In order to analyze the set of possible control functions, the authors represent system state transitions in an n-dimensional vector space (representing the load for each of n users) across discrete time slots. The ith user’s load at time t is x_i(t) and the load at the next time interval, x_i(t+1), is a function of the control scheme used with the load at time t and the system feedback. For example, it could be that x_i(t+1) = a + b*x_i(t) if the binary signal is indicates the resource is underloaded. In this function, a is additive and b is multiplicative. With this representation, they are able to deduce algebraically a number of propositions. The first is essentially that the decrease policy should be multiplicative and the increase policy should have an additive component and can optionally have a multiplicative component with coefficient no less than one. The second proposition is that both the increase and the decrease can have both additive and multiplicative components provide that a special step is taken in the case when certain convergence restrictions would be violated. The third and most conclusive proposition is that for feasibility and optimal convergence, the increase should be additive and the decrease should be multiplicative.

At the end of the paper, the authors describe what nonlinear control functions in congestion avoidance algorithms might look like, but reason that because such control is too sensitive to various system parameters, the robustness of the control is decreased. On this note, they go on to enumerate a few practical considerations in choosing an algorithm for congestion avoidance. The first is that it should be independent of hardware and software parameters as much as possible in order to reduce the complexity of the configuration task and make configuration errors less possible. The second consideration is that the resources and allocations must be measured in integers, so this should be taken into account when choosing an algorithm. The last practical consideration they mention is ease of implementation. Given all these considerations in addition to the result of their earlier analysis, they conclude that an algorithm that uses a linear control function with additive increase and multiplicative decrease is optimal.

Critique

I didn’t like everything about this paper. I thought that it was a bit too abstract, and I think in general it is no trivial matter to translate abstract results into real working solutions. However, given that there appear to be so many different algorithms for congestion avoidance, of which they only examine a subset, their analysis does provide some solid guidance in choosing among these, especially if you accept that the conclusions they draw from their analysis of their simplified system still completely hold in the much more complex environment of real systems. Since real TCP uses additive increase/multiplicative decrease, it seems that this could be a safe bet.

I’d be curious to see if algorithms with control functions other than additive increase/multiplicative decrease have been tested in practice. The authors mention that this paper is just one in a series of papers in which they examine a range of mechanisms for congestion avoidance, so an interesting exercise might be to take some of the algorithms they look at in their other papers and actually test them against additive increase/multiplicative decrease, and also maybe examine some algorithms that use nonlinear control functions.

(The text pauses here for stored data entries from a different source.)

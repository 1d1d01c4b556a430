-- ===== src/Ingestion/Cleaning.antt =====
-- backend/app/ingestion/cleaning.py. A set of page numbers is a list without repetition, a set of
-- lines the list of the entries of the dictionary that it is drawn from. `unicodedata.normalize` and
-- the tables that `\w` consults are parameters.
pub mod Pages
pub mod Boilerplate
pub mod Ink
pub mod Joined
pub mod Cleaned
use Prim.Native.Char.{Char, code}
use Prim.Native.String.{◌++◌ as str_append}
use production_rag_system.Prelude.{
  ℕ, suc, ◌+◌, String, Bool, true, false, not, ◌&&◌, ◌||◌, List, [], ◌∷◌, map, Option, none, some,
  Dict, lookup, insert, contains, filterb, anyb, length, leb, ltb, ◌==◌, Floats, flt, fratio,
  if◌then◌else◌,
}
use production_rag_system.Prelude.Text.{Unicode, is_empty, is_space, strip, join}
use production_rag_system.Core.Settings.{Settings}
use production_rag_system.Ingestion.Schemas.{Block}

abbrev pub of_char : Char → String
of_char c = String.◌∷◌ c String.[]

abbrev pub begin_line : Char → List String → List String
begin_line c [] = of_char c ∷ []
begin_line c (line ∷ lines) = String.◌∷◌ c line ∷ lines

-- `text.split("\n")`
unfoldable pub split_lines : String → List String
split_lines String.[] = "" ∷ []
split_lines (String.◌∷◌ c s) =
    let lines = split_lines s in if code c == b'\n' then "" ∷ lines else begin_line c lines

-- Where the match of `(\w)-\s*\n\s*(\w)` stands: before it, after its first character, or in its
-- white space, which may hold a line break by now.
pub data BreakScan : Type 0 where
  outside after_word : BreakScan
  in_break : String → Bool → BreakScan

module _ (unicode : Unicode) where
  abbrev pub next_outside : Char → String × BreakScan
  next_outside c = (of_char c, if unicode.is_word c then after_word else outside)

  -- What a character adds to the text, and where the match stands after it.
  unfoldable pub dehyphenate_step : BreakScan → Char → String × BreakScan
  unfolding is_space
  dehyphenate_step outside c = next_outside c
  dehyphenate_step after_word c = if code c == b'-' then ("", in_break "" false) else next_outside c
  dehyphenate_step (in_break gap broken) c =
      if is_space c
      then ("", in_break (str_append gap (of_char c)) (broken || code c == b'\n'))
      else (if broken && unicode.is_word c
          then (of_char c, outside)
          else (str_append "-" (str_append gap (next_outside c).0), (next_outside c).1))

  abbrev pub unmatched : BreakScan → String
  unmatched outside = ""
  unmatched after_word = ""
  unmatched (in_break gap broken) = str_append "-" gap

  unfoldable pub dehyphenate_from : BreakScan → String → String
  unfolding dehyphenate_step
  dehyphenate_from scan String.[] = unmatched scan
  dehyphenate_from scan (String.◌∷◌ c s) =
      let next = dehyphenate_step scan c in str_append next.0 (dehyphenate_from next.1 s)

  abbrev pub dehyphenate : String → String
  dehyphenate text = dehyphenate_from outside text

-- `re.sub(r"[ \t]+", " ", text)`, within such a run or not.
unfoldable pub collapse_inline : Bool → String → String
collapse_inline inside String.[] = ""
collapse_inline inside (String.◌∷◌ c s) =
    let more = collapse_inline true s in
    let other = collapse_inline false s in
    if code c == b' ' || code c == b'\t'
    then (if inside then more else str_append " " more)
    else String.◌∷◌ c other

-- `re.sub(r"\n{3,}", "\n\n", text)`, after this many line breaks.
unfoldable pub collapse_breaks : ℕ → String → String
collapse_breaks n String.[] = ""
collapse_breaks n (String.◌∷◌ c s) =
    let more = collapse_breaks (n + 1) s in
    let other = collapse_breaks 0 s in
    if code c == b'\n' then (if leb 2 n then more else String.◌∷◌ c more) else String.◌∷◌ c other

unfoldable pub collapse_whitespace : String → String
unfolding collapse_inline collapse_breaks split_lines strip join
collapse_whitespace text =
    strip (join "\n" (map strip (split_lines (collapse_breaks 0 (collapse_inline false text)))))

abbrev pub add_page : Option ℕ → List ℕ → List ℕ
add_page none pages = pages
add_page (some p) pages = if anyb (λ q. q == p) pages then pages else p ∷ pages

-- The pages of the blocks that have one.
abbrev pub page_set : List ℕ → List Block → List ℕ
page_set pages [] = pages
page_set pages (b ∷ bs) = page_set (add_page b.page_start pages) bs

abbrev pub pages_or : Option (List ℕ) → List ℕ
pages_or none = []
pages_or (some pages) = pages

abbrev pub pages_at : String → Dict (List ℕ) → List ℕ
pages_at line pages_per_line = pages_or (lookup line pages_per_line)

abbrev pub note_line : ℕ → Dict (List ℕ) → String → Dict (List ℕ)
note_line page pages_per_line line =
    let stripped = strip line in
    if is_empty stripped
    then pages_per_line
    else insert stripped (add_page (some page) (pages_at stripped pages_per_line)) pages_per_line

abbrev pub note_lines : ℕ → Dict (List ℕ) → List String → Dict (List ℕ)
note_lines page pages_per_line [] = pages_per_line
note_lines page pages_per_line (line ∷ lines) =
    note_lines page (note_line page pages_per_line line) lines

abbrev pub note_page : Option ℕ → Dict (List ℕ) → List String → Dict (List ℕ)
note_page none pages_per_line lines = pages_per_line
note_page (some page) pages_per_line lines = note_lines page pages_per_line lines

abbrev pub note_block : Dict (List ℕ) → Block → Dict (List ℕ)
note_block pages_per_line b = note_page b.page_start pages_per_line (split_lines b.page_content)

abbrev pub note_blocks : Dict (List ℕ) → List Block → Dict (List ℕ)
note_blocks pages_per_line [] = pages_per_line
note_blocks pages_per_line (b ∷ bs) = note_blocks (note_block pages_per_line b) bs

abbrev pub string_length : String → ℕ
string_length String.[] = 0
string_length (String.◌∷◌ c s) = suc (string_length s)

abbrev pub without_lines : List String → String → String
without_lines [] text = text
without_lines (line ∷ lines) text =
    join "\n" (filterb (λ l. not (contains (line ∷ lines) (strip l))) (split_lines text))

module _ {F : Type 0} ⦃fl : Floats F⦄ where
  abbrev pub repeats : F → ℕ → String × List ℕ → Bool
  repeats ratio_threshold total_pages (line, pages) =
      leb 2 (length pages) && flt ratio_threshold (fratio (length pages) total_pages)

  unfoldable pub find_header_footer_lines : F → List Block → List String
  unfolding split_lines strip
  find_header_footer_lines ratio_threshold blocks =
      let total_pages = length (page_set [] blocks) in
      if ltb total_pages 2
      then []
      else map (λ e. e.0) (filterb (repeats ratio_threshold total_pages) (note_blocks [] blocks))

  module _ (unicode : Unicode) (nfc : String → String) (settings : Settings F) where
    abbrev pub cleaned_text : List String → Block → String
    cleaned_text boilerplate b =
        nfc (collapse_whitespace (dehyphenate unicode (without_lines boilerplate b.page_content)))

    abbrev pub clean_each : List String → List Block → List Block
    clean_each boilerplate [] = []
    clean_each boilerplate (b ∷ bs) =
        let rest = clean_each boilerplate bs in
        let text = cleaned_text boilerplate b in
        if ltb (string_length text) settings.clean_min_block_chars
        then rest
        else record b { page_content = text } ∷ rest

    unfoldable pub clean : List Block → List Block
    unfolding find_header_footer_lines dehyphenate_from collapse_whitespace split_lines strip join
    clean blocks =
        clean_each (find_header_footer_lines settings.clean_header_footer_page_ratio blocks) blocks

One thing I did really like about this paper is their use of graphs. Whereas some of the algebra was at times a bit tedious or difficult to follow, I thought the graphs helped them provide a nice, clear, and more intuitive explanation for how the control functions worked and how they converged to fairness and efficiency. Although these graphs were further simplified on top of their simplifying assumptions, in that they represented the case with only two users, they were still pretty much key in helping me to understand some of their conclusions.